▸ **Task statement**
From the listing below, reproduce word for word the part that opens with the line containing "pub max_wait : Option ℕ" and closes with the line containing "late_text none elapsed = none"; reproduce nothing else.

▸ **Information provided**
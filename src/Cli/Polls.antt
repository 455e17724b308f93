-- ===== src/Cli/Polls.antt =====
-- src/mergemate/cli.py, `_poll_run`: a command waits for the end of a run. `sleep` is the time that passes
-- and all that others do meanwhile.
pub mod Waits
use merge_mate.Base.{
  ℕ, zero, suc, ◌+◌, ◌≤◌, ◌<◌, String, Bool, true, false, Option, none, some, List, [], ◌∷◌, ◌++◌,
  ◌≡◌, ◌≢◌, refl, if◌then◌else◌, ltb, ltb→lt, Bool-cases, Option-cases, inl, inr, ◌⊎◌, arith,
}
use merge_mate.Domain.Status.{is_terminal}
use merge_mate.Persistence.ToolEvents.{ToolEvent}
use merge_mate.Application.RunStatus.{RunStatusSnapshot, execute}
use merge_mate.World.{Outcome, ok, raised}
use merge_mate.Cli.Shell.{
  Shell, Result, returned, exits, failed_with, running, Command, pure, exit, gets, result_of,
  continue, echo_to, ◌>>=◌, ◌>>◌,
}

-- `get_run_status.execute(run_id)`, with its default of events.
abbrev pub get_run_status : String → Command (Option RunStatusSnapshot)
get_run_status id s = (result_of (execute (some s.world.events) 5 (some id) none s.world.runs), s)

-- `time.monotonic() < deadline`
abbrev pub before : Option ℕ → ℕ → Bool
before none now = true
before (some deadline) now = ltb now deadline

abbrev pub deadline_of : Option ℕ → ℕ → Option ℕ
deadline_of none now = none
deadline_of (some timeout) now = some (now + timeout)

module _ (sleep : ℕ → Shell → Shell) (poll_interval : ℕ) (id : String) where
  -- What a poll does with what it reads: it ends, or sleeps and goes on.
  unfoldable pub polled :
      Command RunStatusSnapshot → Option RunStatusSnapshot → Command RunStatusSnapshot
  polled next none s = (echo_to true "Run not found." >> exit 2) s
  polled next (some snapshot) s =
      if is_terminal snapshot.run.status
      then (returned snapshot, s)
      else next (sleep poll_interval s)

  unfoldable pub timed_out : Command RunStatusSnapshot
  timed_out = echo_to true "Timed out waiting for run to complete." >> exit 1

  -- The loop, for so many polls at most.
  unfoldable pub poll_loop : ℕ → Option ℕ → Command RunStatusSnapshot
  unfolding polled timed_out
  poll_loop zero deadline s = (running, s)
  poll_loop (suc fuel) deadline s =
      let next = (get_run_status id >>= polled (poll_loop fuel deadline)) s in
      if before deadline s.monotonic then next else timed_out s

  -- `_poll_run`
  unfoldable pub poll_run : ℕ → Option ℕ → Command RunStatusSnapshot
  unfolding poll_loop
  poll_run fuel timeout s = poll_loop fuel (deadline_of timeout s.monotonic) s

-- What the reading of the run gives.
abbrev pub status_of : String → Shell → Outcome (Option RunStatusSnapshot)
status_of id s = execute (some s.world.events) 5 (some id) none s.world.runs

module _ (sleep : ℕ → Shell → Shell) (poll_interval : ℕ) (id : String) where
  -- How polling ends, and the state then: with the run, which has ended; with the code 2, if there is
  -- no such run; with the code 1, behind the deadline.
  abbrev pub IsPolled : Option ℕ → Result RunStatusSnapshot × Shell → Type 0
  IsPolled deadline (returned snapshot, s) =
      (is_terminal snapshot.run.status ≡ true) × (status_of id s ≡ ok (some snapshot))
  IsPolled deadline (exits code, s) =
      ((code ≡ 2) × (status_of id s ≡ ok none))
      ⊎ ((code ≡ 1) × (before deadline s.monotonic ≡ false))
  IsPolled deadline (failed_with e, s) = Unit
  IsPolled deadline (running, s) = Unit

  polled-IsPolled :
      (next : Command RunStatusSnapshot) (deadline : Option ℕ) (s : Shell)
      → ((t : Shell) → IsPolled deadline (next t))
      → (r : Outcome (Option RunStatusSnapshot)) → status_of id s ≡ r
      → IsPolled deadline (continue (result_of r) (polled sleep poll_interval id next) s)
  unfolding polled echo_to
  polled-IsPolled next deadline s h (raised e) found = tt
  polled-IsPolled next deadline s h (ok none) found = inl (refl, found)
  polled-IsPolled next deadline s h (ok (some snapshot)) found =
      elim (Bool-cases (is_terminal snapshot.run.status)) [
        | inl e ↦ rw e (e, found)
        | inr e ↦ rw e (h (sleep poll_interval s))
      ]

  poll_loop-IsPolled :
      (fuel : ℕ) (deadline : Option ℕ) (s : Shell)
      → IsPolled deadline (poll_loop sleep poll_interval id fuel deadline s)
  unfolding poll_loop timed_out echo_to
  poll_loop-IsPolled zero deadline s = tt
  poll_loop-IsPolled (suc fuel) deadline s = elim (Bool-cases (before deadline s.monotonic)) [
    | inr e ↦ rw e (inr (refl, e))
    | inl e ↦ rw e (
        polled-IsPolled (poll_loop sleep poll_interval id fuel deadline) deadline s
          (poll_loop-IsPolled fuel deadline) (status_of id s) refl)
  ]

  -- If polling for a run returns a snapshot, the run's status is terminal and the snapshot is what
  -- the status query gives in the last state; if it exits, it is with the code 2 and there is no
  -- such run, or with the code 1 and the deadline is over.
  pub poll_run-IsPolled :
      (fuel : ℕ) (timeout : Option ℕ) (s : Shell)
      → IsPolled (deadline_of timeout s.monotonic) (poll_run sleep poll_interval id fuel timeout s)
  unfolding poll_run
  poll_run-IsPolled fuel timeout s = poll_loop-IsPolled fuel _ s
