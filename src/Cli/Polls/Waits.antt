-- ===== src/Cli/Polls/Waits.antt =====
-- How long `_poll_run` waits.
use merge_mate.Base.{
  ℕ, zero, suc, ◌+◌, ◌≤◌, String, false, Option, none, some, ◌≡◌, ◌≢◌, refl, ap, ◌∙◌, ltb, ltb→lt,
  Bool-cases, inl, inr, arith,
}
use merge_mate.Domain.Status.{is_terminal}
use merge_mate.Application.RunStatus.{RunStatusSnapshot, execute}
use merge_mate.World.{Outcome, ok, raised}
use merge_mate.Cli.Shell.{Shell, running, Command, result_of, continue, echo_to}
use merge_mate.Cli.Polls.{polled, poll_loop, poll_run, timed_out, status_of}

module _ (sleep : ℕ → Shell → Shell) (poll_interval : ℕ) (id : String) where
  polled-returns :
      (next : Command RunStatusSnapshot) (s : Shell)
      → (next (sleep poll_interval s)).0 ≢ running
      → (r : Outcome (Option RunStatusSnapshot))
      → (continue (result_of r) (polled sleep poll_interval id next) s).0 ≢ running
  unfolding polled echo_to
  polled-returns next s h (raised e) = λ p. cc p
  polled-returns next s h (ok none) = λ p. cc p
  polled-returns next s h (ok (some snapshot)) =
      elim (Bool-cases (is_terminal snapshot.run.status)) [
        | inl e ↦ rw e (λ p. cc p)
        | inr e ↦ rw e h
      ]

  module _
      (advances : (s : Shell) → s.monotonic + poll_interval ≤ (sleep poll_interval s).monotonic)
      (positive : 1 ≤ poll_interval) where
    poll_loop-returns :
        (fuel deadline : ℕ) (s : Shell)
        → deadline ≤ s.monotonic + fuel
        → (poll_loop sleep poll_interval id (suc fuel) (some deadline) s).0 ≢ running
    unfolding poll_loop timed_out echo_to
    poll_loop-returns zero deadline s h = elim (Bool-cases (ltb s.monotonic deadline)) [
      | inr e ↦ rw e (λ p. cc p)
      | inl e ↦ absurd (omega (arith, h, ltb→lt s.monotonic deadline e))
    ]
    poll_loop-returns (suc fuel) deadline s h = elim (Bool-cases (ltb s.monotonic deadline)) [
      | inr e ↦ rw e (λ p. cc p)
      | inl e ↦ rw e (
          polled-returns (poll_loop sleep poll_interval id (suc fuel) (some deadline)) s
            (poll_loop-returns fuel deadline (sleep poll_interval s)
              (omega (arith, h, positive, advances s)))
            (status_of id s))
    ]

  -- With a timeout, an interval of one unit or more, and sleeps that let the interval pass,
  -- polling for a run does not go on after timeout + 1 polls.
  pub poll_run-returns :
      (timeout : ℕ) (s : Shell)
      → ((t : Shell) → t.monotonic + poll_interval ≤ (sleep poll_interval t).monotonic)
      → 1 ≤ poll_interval
      → (poll_run sleep poll_interval id (suc timeout) (some timeout) s).0 ≢ running
  unfolding poll_run
  poll_run-returns timeout s advances positive =
      poll_loop-returns advances positive timeout (s.monotonic + timeout) s (omega arith)

  -- Where nothing happens to the run meanwhile.
  module _ (snapshot : RunStatusSnapshot)
      (idle : (s : Shell) → (sleep poll_interval s).world ≡ s.world) where
    -- Without a deadline the loop goes on, whatever the fuel; behind it the code is 1.
    poll_loop-idle :
        (fuel : ℕ) (s : Shell)
        → is_terminal snapshot.run.status ≡ false
        → status_of id s ≡ ok (some snapshot)
        → (poll_loop sleep poll_interval id fuel none s).0 ≡ running
    unfolding poll_loop polled
    poll_loop-idle zero s going found = refl
    poll_loop-idle (suc fuel) s going found =
        rw (found, going)
          (poll_loop-idle fuel (sleep poll_interval s) going
            (ap (λ w. execute (some w.events) 5 (some id) none w.runs) (idle s) ∙ found))

  -- Without a timeout, polling for a run whose status is not terminal goes on for ever, as far as
  -- any fuel tells, if the runs and events stay as they are during the sleeps, as they do in a
  -- process that does not start the worker.
  pub poll_run-idle :
      (snapshot : RunStatusSnapshot) (fuel : ℕ) (s : Shell)
      → ((t : Shell) → (sleep poll_interval t).world ≡ t.world)
      → is_terminal snapshot.run.status ≡ false
      → status_of id s ≡ ok (some snapshot)
      → (poll_run sleep poll_interval id fuel none s).0 ≡ running
  unfolding poll_run
  poll_run-idle snapshot fuel s idle = poll_loop-idle snapshot idle fuel s
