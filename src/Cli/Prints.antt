-- ===== src/Cli/Prints.antt =====
-- src/mergemate/cli.py: what the commands print of a run and of a conversation.
use merge_mate.Base.{
  ℕ, String, Bool, true, false, not, ◌&&◌, Option, none, some, List, [], ◌∷◌, if◌then◌else◌, str_eq,
  text_append,
}
use merge_mate.Base.Texts.{join}
use merge_mate.Config.{AppConfig}
use merge_mate.Domain.Status.{value}
use merge_mate.Domain.Runs.{ChatId, AgentRun}
use merge_mate.Persistence.RunRepository.{get_latest_non_terminal_for_chat}
use merge_mate.World.{World, Error, other}
use merge_mate.Application.Submission.{Setup}
use merge_mate.Cli.Shell.{Shell, returned, failed_with, Command, pure, echo, echo_to, ◌>>◌}
use merge_mate.Cli.Ages.{format_age}
use merge_mate.Cli.Searches.{Printer}

-- What the commands are given: the use case's setup, the settings, the texts, the digest of a session's
-- name, random bits, and `sleep`. `load_recent_messages` is that method of the conversation repository,
-- none where it has no such method.
pub record Terminal : Type 0 where
  pub setup : Setup
  pub settings : AppConfig
  pub printer : Printer
  pub digest : String → ℕ
  pub bits : ℕ
  pub sleep : ℕ → Shell → Shell
  pub load_recent_messages : Option (ChatId → ℕ → World → List (String × String))

abbrev pub raise : {A : Type 0} → Error → Command A
raise e s = (failed_with e, s)

abbrev pub no_attribute : Error
no_attribute = record {
  kind = other;
  text = "'SQLiteConversationRepository' object has no attribute 'load_recent_messages'";
}

-- `text or other`
abbrev pub has_text : Option String → Bool
has_text none = false
has_text (some t) = not (str_eq t "")

abbrev pub text_or : Option String → String → String
text_or none fallback = fallback
text_or (some t) fallback = if str_eq t "" then fallback else t

module _ (t : Terminal) where
  open t use {printer}

  -- `_print_run_result`
  abbrev pub echo_if : Bool → Bool → String → Command (Unit {0})
  echo_if test err text s = if test then echo_to err text s else (returned tt, s)

  unfoldable pub print_run_result : AgentRun → Bool → Command (Unit {0})
  print_run_result run quiet =
      let result = text_or run.result_text "" in
      let error = text_or run.error_text "" in
      let failed = not (has_text run.result_text) && has_text run.error_text in
      let whole =
        echo (text_append "Status: " (value run.status))
        >> echo_if (has_text run.plan_text) false (
            text_append "Plan: "
              (text_append (printer.one_line (printer.slice 200 (text_or run.plan_text ""))) "..."))
        >> echo_if (has_text run.result_text) false
            (text_append "Result:\n" (printer.rstrip result))
        >> echo_if failed true (text_append "Error: " error) in
      let bare =
        echo_if (has_text run.result_text) false (printer.rstrip result)
        >> echo_if failed true (printer.rstrip error) in
      if quiet then bare else whole

  abbrev pub preview : ℕ → String → String
  preview n text = printer.one_line (printer.slice n text)

  unfoldable pub age_text : ℕ → ℕ → String
  age_text at now = elim (format_age (some at) now) [ none ↦ "" | some age ↦ printer.text_of age ]

  -- `_print_session_resume_summary`
  unfoldable pub summary : ℕ → Option AgentRun → Command (Unit {0})
  unfolding age_text
  summary now none = pure tt
  summary now (some run) =
      echo "--- Incomplete run detected ---"
      >> echo (text_append "  Run: " (printer.slice 8 run.run_id))
      >> echo (text_append "  Status: " (value run.status))
      >> echo (text_append "  Stage: " run.current_stage)
      >> echo (text_append "  Created: " (printer.format_datetime run.created_at))
      >> echo (
          join "" (
            "  Updated: "
            ∷ printer.format_datetime run.updated_at
            ∷ " ("
            ∷ age_text run.updated_at now
            ∷ " ago)"
            ∷ []))
      >> echo (text_append "  Prompt: " (preview 120 run.prompt))
      >> echo "-------------------------------"

  unfoldable pub print_session_resume_summary : ChatId → Command (Unit {0})
  unfolding summary
  print_session_resume_summary chat s =
      summary s.world.clock (get_latest_non_terminal_for_chat chat s.world.runs) s

  -- `_print_conversation_history`
  unfoldable pub message_lines : List (String × String) → Command (Unit {0})
  message_lines [] = echo "----------------------------"
  message_lines ((role, content) ∷ rest) =
      echo (join "" ("  [" ∷ role ∷ "] " ∷ preview 120 content ∷ [])) >> message_lines rest

  unfoldable pub history : List (String × String) → Command (Unit {0})
  unfolding message_lines
  history [] = pure tt
  history (m ∷ messages) = echo "--- Previous conversation ---" >> message_lines (m ∷ messages)

  unfoldable pub print_conversation_history : ChatId → Command (Unit {0})
  unfolding history
  print_conversation_history chat s = elim t.load_recent_messages [
    | none ↦ (failed_with no_attribute, s)
    | some load ↦ history (load chat 10 s.world) s
  ]
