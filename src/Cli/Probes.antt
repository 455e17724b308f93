-- ===== src/Cli/Probes.antt =====
-- src/mergemate/cli.py: the readiness probe. The request and `json.loads` are parameters, and `sleep` is the
-- time that passes.
pub mod Ends
use merge_mate.Base.{
  ℕ, zero, suc, ◌+◌, ◌-◌, ◌≤◌, String, Bool, true, false, not, ◌&&◌, Option, none, some, List, [],
  ◌∷◌, ◌≡◌, ◌≢◌, refl, if◌then◌else◌, leb, str_eq, text_append, Bool-cases, ◌⊎◌, inl, inr, arith,
}
use merge_mate.Base.Texts.{join}
use merge_mate.World.{Error}
use merge_mate.Cli.Shell.{
  Shell, Result, returned, exits, failed_with, running, Command, pure, exit, continue, echo_to,
  ◌>>=◌, ◌>>◌,
}

-- The fields of the Telegram settings that the probe reads.
pub record ProbeTarget : Type 0 where
  pub webhook : Bool
  pub healthcheck_enabled : Bool
  pub listen_host : String
  pub listen_port : String
  pub path : String

-- `_resolve_readiness_url`; the right side is the text of its ValueError.
unfoldable pub resolve_readiness_url : ProbeTarget → String ⊎ String
resolve_readiness_url t =
    if not t.webhook
    then inr "Readiness probing is only available when telegram.mode is webhook"
    else if not t.healthcheck_enabled
    then inr "Readiness probing is disabled because telegram.webhook_healthcheck_enabled is false"
    else inl (join "" ("http://" ∷ t.listen_host ∷ ":" ∷ t.listen_port ∷ t.path ∷ []))

-- What the request comes to: a body, HTTPError with its body, URLError with its reason, or another
-- exception.
pub data Reply : Type 0 where
  opened http_error url_error : String → Reply
  broken : Error → Reply

-- The body that is shown, the status of the payload, and whether it is ready.
pub record Probe : Type 0 where
  pub body : String
  pub status : Option String
  pub is_ready : Bool

abbrev pub is_status : String → Option String → Bool
is_status expected none = false
is_status expected (some status) = str_eq status expected

-- `json.loads`: the status of the payload, or none for a text that is no JSON.
abbrev pub Decoder : Type 0
Decoder = String → Option (Option String)

module _ (decode : Decoder) (no_json : Error) where
  -- `_probe_readiness_once`; a body that is no JSON raises, but not that of an HTTPError.
  abbrev pub opened_probe : String → Option (Option String) → Result Probe
  opened_probe body none = failed_with no_json
  opened_probe body (some status) =
      returned (record { body = body; status = status; is_ready = is_status "ready" status })

  abbrev pub error_status : Option (Option String) → Option String
  error_status none = some "http_error"
  error_status (some status) = status

  unfoldable pub probe_readiness_once : Reply → Result Probe
  probe_readiness_once (opened body) = opened_probe body (decode body)
  probe_readiness_once (http_error body) =
      returned (record { body = body; status = error_status (decode body); is_ready = false })
  probe_readiness_once (url_error reason) = returned (record {
    body = text_append "Readiness probe failed: " reason;
    status = some "connection_error";
    is_ready = false;
  })
  probe_readiness_once (broken e) = failed_with e

-- `_report_not_ready`
abbrev pub echo_timeout : Option String → Command (Unit {0})
echo_timeout none = pure tt
echo_timeout (some text) = echo_to true text

unfoldable pub report_not_ready : Probe → Option String → Command (Unit {0})
report_not_ready p timeout =
    echo_to (is_status "connection_error" p.status) p.body >> echo_timeout timeout >> exit 1

-- The options of the command, and what surrounds it; times are in one unit.
pub record Probing : Type 0 where
  pub wait : Bool
  pub max_wait : Option ℕ
  pub interval : ℕ
  pub request : Shell → Reply × Shell
  pub sleep : ℕ → Shell → Shell
  pub decode : Decoder
  pub no_json : Error
  pub timeout_text : ℕ → ℕ → String

module _ (o : Probing) where
  abbrev pub gives_up : Option ℕ → ℕ → Bool
  gives_up none elapsed = false
  gives_up (some most) elapsed = leb most elapsed

  abbrev pub late_text : Option ℕ → ℕ → Option String
  late_text none elapsed = none
  late_text (some most) elapsed = some (o.timeout_text elapsed most)

  unfoldable pub probed : ℕ → Command (Unit {0}) → Probe → Command (Unit {0})
  unfolding report_not_ready
  probed start next p s =
      let elapsed = s.monotonic - start in
      if p.is_ready
      then echo_to false p.body s
      else if not o.wait
      then report_not_ready p none s
      else if gives_up o.max_wait elapsed
      then report_not_ready p (late_text o.max_wait elapsed) s
      else next (o.sleep o.interval s)

  abbrev pub probe : Command Probe
  probe s = let (reply, t) = o.request s in (probe_readiness_once o.decode o.no_json reply, t)

  -- `probe_readiness`: the loop, for so many probes at most, that started at a time.
  unfoldable pub probe_loop : ℕ → ℕ → Command (Unit {0})
  unfolding probed probe_readiness_once
  probe_loop zero start s = (running, s)
  probe_loop (suc fuel) start s = (probe >>= probed start (probe_loop fuel start)) s

  unfoldable pub probe_readiness : ℕ → Command (Unit {0})
  unfolding probe_loop
  probe_readiness fuel s = probe_loop fuel s.monotonic s
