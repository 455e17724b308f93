-- ===== src/Cli/Probes/Ends.antt =====
-- When the readiness probe comes to an end.
use merge_mate.Base.{
  ℕ, zero, suc, ◌+◌, ◌-◌, ◌≤◌, ◌<◌, String, true, not, ◌&&◌, Option, none, some, ◌≡◌, refl,
  Bool-cases, inl, inr, arith,
}
use merge_mate.Cli.Shell.{
  Shell, Result, returned, exits, failed_with, running, Command, continue, echo_to,
}
use merge_mate.Cli.Probes.{
  Reply, opened, http_error, url_error, broken, Probe, opened_probe, probe_readiness_once,
  report_not_ready, Probing, gives_up, probed, probe_loop, probe_readiness,
}

module _ (o : Probing) where
  -- The request and the sleep let time pass, and do not turn it back.
  abbrev pub IsTimed : Type 0
  IsTimed =
      ((s : Shell) → s.monotonic ≤ (o.request s).1.monotonic)
      × ((s : Shell) → s.monotonic + o.interval ≤ (o.sleep o.interval s).monotonic)

  -- A command that came to an end: with a return, or the code 1, or an exception.
  abbrev pub IsStopped : Result (Unit {0}) → Type 0
  IsStopped (returned a) = Unit
  IsStopped (exits code) = code ≡ 1
  IsStopped (failed_with e) = Unit
  IsStopped running = ⊥

  -- What a probe gives.
  abbrev IsProbed : Result Probe → Type 0
  IsProbed (returned p) = Unit
  IsProbed (failed_with e) = Unit
  IsProbed (exits code) = ⊥
  IsProbed running = ⊥

  opened_probe-IsProbed :
      (body : String) (d : Option (Option String))
      → IsProbed (opened_probe o.decode o.no_json body d)
  opened_probe-IsProbed body none = tt
  opened_probe-IsProbed body (some status) = tt

  probe_readiness_once-IsProbed : (r : Reply) → IsProbed (probe_readiness_once o.decode o.no_json r)
  unfolding probe_readiness_once
  probe_readiness_once-IsProbed (opened body) = opened_probe-IsProbed body (o.decode body)
  probe_readiness_once-IsProbed (http_error body) = tt
  probe_readiness_once-IsProbed (url_error reason) = tt
  probe_readiness_once-IsProbed (broken e) = tt

  report_not_ready-IsStopped :
      (p : Probe) (text : Option String) (s : Shell) → IsStopped (report_not_ready p text s).0
  unfolding report_not_ready echo_to
  report_not_ready-IsStopped p none s = refl
  report_not_ready-IsStopped p (some text) s = refl

  probed-IsStopped :
      (start : ℕ) (next : Command (Unit {0})) (r : Result Probe) (s : Shell)
      → IsProbed r
      → ((o.wait && not (gives_up o o.max_wait (s.monotonic - start))) ≡ true
          → IsStopped (next (o.sleep o.interval s)).0)
      → IsStopped (continue r (probed o start next) s).0
  unfolding probed echo_to
  probed-IsStopped start next running s r h = absurd r
  probed-IsStopped start next (failed_with e) s r h = tt
  probed-IsStopped start next (exits code) s r h = absurd r
  probed-IsStopped start next (returned p) s r h = elim (Bool-cases p.is_ready) [
    | inl e ↦ rw e tt
    | inr e ↦ elim (Bool-cases o.wait) [
      | inr w ↦ rw (e, w) (report_not_ready-IsStopped p none s)
      | inl w ↦ elim (Bool-cases (gives_up o o.max_wait (s.monotonic - start))) [
        | inl g ↦ rw (e, w, g) (report_not_ready-IsStopped p _ s)
        | inr g ↦ rw (e, w, g) (h (rw (w, g) refl))
      ]
    ]
  ]

  -- The sleep is only reached before the most time to wait is over.
  goes_on-lt :
      (most elapsed : ℕ) → (o.wait && not (gives_up o (some most) elapsed)) ≡ true → elapsed < most
  goes_on-lt most elapsed h = ground (arith, h)

  probe_loop-IsStopped :
      (fuel most start : ℕ) (s : Shell)
      → IsTimed
      → 1 ≤ o.interval
      → o.max_wait ≡ some most
      → start ≤ s.monotonic
      → most ≤ (s.monotonic - start) + fuel
      → IsStopped (probe_loop o (suc fuel) start s).0
  unfolding probe_loop
  probe_loop-IsStopped zero most start s timed pos limit begun h =
      probed-IsStopped start (probe_loop o zero start) _ (o.request s).1
        (probe_readiness_once-IsProbed (o.request s).0)
        (λ go.
          let lt = goes_on-lt most _ (rw limit at go) in
          absurd (omega (arith, lt, timed.0 s, begun, h)))
  probe_loop-IsStopped (suc fuel) most start s timed pos limit begun h =
      probed-IsStopped start (probe_loop o (suc fuel) start) _ (o.request s).1
        (probe_readiness_once-IsProbed (o.request s).0)
        (λ go.
          let t = (o.request s).1 in
          probe_loop-IsStopped fuel most start (o.sleep o.interval t) timed pos limit
            (omega (arith, timed.0 s, timed.1 t, begun))
            (omega (arith, timed.0 s, timed.1 t, begun, h, pos)))

  pub probe_readiness-IsStopped :
      (most : ℕ) (s : Shell)
      → IsTimed
      → 1 ≤ o.interval
      → o.max_wait ≡ some most
      → IsStopped (probe_readiness o (suc most) s).0
  unfolding probe_readiness
  probe_readiness-IsStopped most s timed pos limit =
      probe_loop-IsStopped most most s.monotonic s timed pos limit (omega arith) (omega arith)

▸ **Answer**
  pub max_wait : Option ℕ
  pub interval : ℕ
  pub request : Shell → Reply × Shell
  pub sleep : ℕ → Shell → Shell
  pub decode : Decoder
  pub no_json : Error
  pub timeout_text : ℕ → ℕ → String

module _ (o : Probing) where
  abbrev pub gives_up : Option ℕ → ℕ → Bool
  gives_up none elapsed = false
  gives_up (some most) elapsed = leb most elapsed

  abbrev pub late_text : Option ℕ → ℕ → Option String
  late_text none elapsed = none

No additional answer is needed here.